Relationships among racial differences in PAR4 phenotype and transcripts. (a) Racial differences between 70 blacks and 84 whites for PAR4 reactivity, mRNAs and miRNAs are presented in 3 heatmaps. Each column represents data from the same individual. Rows represent 93 mRNAs (in middle panel) and 18 miRNAs (lower panel) that are DE by race and correlated with PAR4 reactivity. Vertical red bar indicates strongly correlated DLK1-DIO3 region miRNAs. (b) Network of miRNA-mRNA pairs that are differentially expressed by race and PAR4-mediated platelet aggregation.

Figure 4

MiR-376c regulates PCTP expression in megakaryocytes. (a) Transfection of miR-376c diminishes PC-TP protein expression in Dicer-low HCT cells. *, P<0.05. (b) Transfection of miR-376c diminishes PC-TP protein expression in the megakaryocytic cell line, Meg-01. (c) Transfection of miR-376c locked nucleic acid (LNA) inhibitor increased PCTP mRNA levels, while overexpression of the miR-376c precursor decreased PCTP mRNA in megakaryocytic cell lines, Meg-01 and HEL cells. P-value calculation is T-test relative to appropriate scrambled control. Levels were normalized to β-actin. (d) Demonstration of human CD34⁺ hematopoietic stem cell derived megakaryocytes. Flow cytometric analysis of CD34+ cells cultured for 4 and 12 d and stained for megakaryocyte-specific markers CD41 and CD42. (e) 14 d megakaryocytes showing proplatelet formation with DNA (DAPI, purple-blue), α-tubulin (green) and actin (red) staining. (f) qRT-PCR quantification of PCTP in 14 d CD61+ 14 d megakaryocytes, transfected with miR-376c locked nucleic acid (LNA) inhibitor or pre-miR-376. Levels were normalized to β-actin. (g) Activity of a luciferase reporter with the 3′UTR of PCTP with a wild type (WT PCTP) or mutated miR-376c (ΔPCTP) target site.
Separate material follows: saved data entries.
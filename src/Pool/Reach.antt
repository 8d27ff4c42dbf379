-- ===== src/Pool/Reach.antt =====
-- The pools that pool.c's operations lead to.
use fast_http.Prelude.{
  ℕ, zero, suc, ◌+◌, ◌-◌, ◌*◌, ◌/◌, ◌%◌, ◌^◌, ◌≤◌, ◌<◌, ◌≡◌, refl, sym, ap, ◌∙◌, Bool, true, false,
  ◌&&◌, List, [], ◌∷◌, ◌++◌, arith, u32, leb, ◌==◌, get_or, inl, inr, Bool-cases, replicate,
  length-replicate,
}
use native.Mathlib.Nat.{mul-le-mul_right}
use fast_http.Prelude.Digits.{digit, digit_zero}
use fast_http.Pool.{Pool, node_size, in_block, pool_malloc, pool_get, pool_put}
use fast_http.Pool.Words.{AllWords}
use fast_http.Pool.Slots.{slot_digit}
use fast_http.Pool.Held.{IsValid, held, elem, Distinct, slot_of, within_slot}
use fast_http.Pool.Change.{held-in_block, held_outside}
use fast_http.Pool.Get.{pool_get_lem}
use fast_http.Pool.Owns.{
  count, count-append, out, Owns, Owns-reorder, Fresh, pool_get-Owns, pool_put-Owns,
}

zeros : (n : ℕ) → AllWords (replicate n 0)
zeros zero = tt
zeros (suc n) = (omega arith, zeros n)

get_or-zeros : (n i : ℕ) → get_or {A = ℕ} (replicate n 0) i 0 ≡ 0
get_or-zeros zero i = refl
get_or-zeros (suc n) zero = refl
get_or-zeros (suc n) (suc i) = get_or-zeros n i

and_false : (b : Bool) → (b && false) ≡ false
and_false true = refl
and_false false = refl

none_held : (p : Pool) (n : ℕ) → p.bits ≡ replicate n 0 → p.head ≡ [] → (q : ℕ) → held p q ≡ false
unfolding elem
none_held p n bits head q = elim (Bool-cases (in_block p q)) [
  | inl inside ↦
      held-in_block p q inside
      ∙ (ap (λ d. within_slot p q == 0 && d == 1)
            (ap (λ b. slot_digit b (slot_of p q)) bits
              ∙ (ap (λ w. digit w (slot_of p q % 32)) (get_or-zeros n (slot_of p q / 32))
                  ∙ digit_zero (slot_of p q % 32)))
          ∙ and_false (within_slot p q == 0))
  | inr outside ↦
      held_outside p q outside
      ∙ (ap (λ l. leb node_size q && elem (q - node_size) l) head ∙ and_false (leb node_size q))
]

-- A new pool is well formed, has room for the objects asked for, and none is given out, if all of them fit
-- a `uint32_t`.
pub pool_malloc_lem :
    (data_at capacity size : ℕ)
    → 0 < size
    → capacity + 31 < 2 ^ 32
    → (capacity + 31) * size < 2 ^ 32
    → IsValid (pool_malloc data_at capacity size)
      × (capacity ≤ (pool_malloc data_at capacity size).capacity)
      × ((q : ℕ) → held (pool_malloc data_at capacity size) q ≡ false)
unfolding pool_malloc Distinct
pool_malloc_lem data_at capacity size sized short fits =
    let n = u32 (capacity + 31) / 2 ^ 5 in
    let count = length-replicate {A = ℕ} n 0 in
    let same : u32 (n * 32) ≡ n * 32 = omega arith in
    let most : u32 (n * 32) * size ≤ (capacity + 31) * size =
      mul-le-mul_right {m = u32 (n * 32)} {n = capacity + 31} size (omega arith) in
    (
      record {
        whole = omega (arith, count);
        fits = omega (arith, most, fits);
        sized = sized;
        words = zeros n;
        last_in = omega arith;
        full = λ i h. absurd (omega arith);
        distinct = tt;
      },
      omega arith,
      none_held (pool_malloc data_at capacity size) n refl refl,
    )

-- The pools that calls lead to, each with the objects that were given out and did not come back, where
-- `malloc` gives nodes that are neither in the block nor in use, and only such an object comes back.
pub data Reachable : Pool → List ℕ → Type 0 where
  created :
      (data_at capacity size : ℕ)
      → 0 < size
      → capacity + 31 < 2 ^ 32
      → (capacity + 31) * size < 2 ^ 32
      → Reachable (pool_malloc data_at capacity size) []
  got :
      (p : Pool) (entry : ℕ) (objects : List ℕ)
      → Reachable p objects
      → Fresh p entry
      → Reachable (pool_get p entry).0 ((pool_get p entry).1 ∷ objects)
  returned :
      (p : Pool) (before : List ℕ) (object : ℕ) (behind : List ℕ)
      → Reachable p (before ++ object ∷ behind)
      → Reachable (pool_put p object) (before ++ behind)

-- Nobody owns an object of a new pool.
pub pool_malloc-Owns :
    (data_at capacity size : ℕ)
    → 0 < size
    → capacity + 31 < 2 ^ 32
    → (capacity + 31) * size < 2 ^ 32
    → Owns (pool_malloc data_at capacity size) []
pool_malloc-Owns data_at capacity size sized short fits =
    let (valid, _, free) = pool_malloc_lem data_at capacity size sized short fits in
    record { valid = valid; exact = λ q. rw (free q) refl }

-- Each object that is in use was given out once, and the pool knows it.
pub Reachable-Owns : {p : Pool} {objects : List ℕ} → Reachable p objects → Owns p objects
Reachable-Owns (created data_at capacity size sized short fits) =
    pool_malloc-Owns data_at capacity size sized short fits
Reachable-Owns (got p entry objects r new) = pool_get-Owns entry objects (Reachable-Owns r) new
Reachable-Owns (returned p before object behind r) = pool_put-Owns object (before ++ behind) (
    Owns-reorder (before ++ object ∷ behind) (object ∷ before ++ behind) (Reachable-Owns r)
      (λ q. omega (arith, count-append q before (object ∷ behind), count-append q before behind)))

-- After any sequence of calls that begins with `pool_malloc` and returns only objects that are in use,
-- where `malloc` gives nodes that are neither in the block nor in use, the object that `pool_get`
-- gives out is none of those that were given out before and did not come back.
pub pool_get-exclusive :
    {p : Pool} {objects : List ℕ} (entry : ℕ)
    → Reachable p objects
    → Fresh p entry
    → count (pool_get p entry).1 objects ≡ 0
pool_get-exclusive {p} {objects} entry r new =
    let o = Reachable-Owns r in
    let w = pool_get_lem entry o.valid new.outside new.unused in
    let free : out p w.object ≡ 0 = rw w.was_free refl in
    ap (λ g. count g.1 objects) w.returns ∙ sym (o.exact w.object) ∙ free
Only the WT construct was knocked down when co-transfected with miR-376 precursor. Levels were normalized with a β-gal control.

Figure 5

A large miRNA cluster in the DLK1-DIO3 region is differentially expressed by race. (a) Heatmap of Pearson’s correlation coefficients amongst all combinations of pairs of the 178 commonly expressed platelet miRNAs. (b) The approximate locations of the 54 miRNAs in the DLK1-DIO3 region. Color coding indicates which miRNA genes had at least one mature miRNA product detected above or below the arbitrary threshold of commonly expressed miRNAs and the four miRNA genes that were not queried. Figure not to scale. (c) Each dot represents the average expression of one of the 24 DLK1-DIO3 region miRNAs above cutoff. Using a binomial model, the chance that all 24 of the expressed DLK1-DIO3 miRNAs would be higher in whites is 1.2 × 10⁻²⁴ based on a genome-wide (excluding the DLK1-DIO3 region) rate of 51.4% of DE miRNAs higher in whites. (d) A schematic summarizing the relationship of race with the expression of the DLK1-DIO3 region miRNAs and target mRNAs and PAR4 reactivity.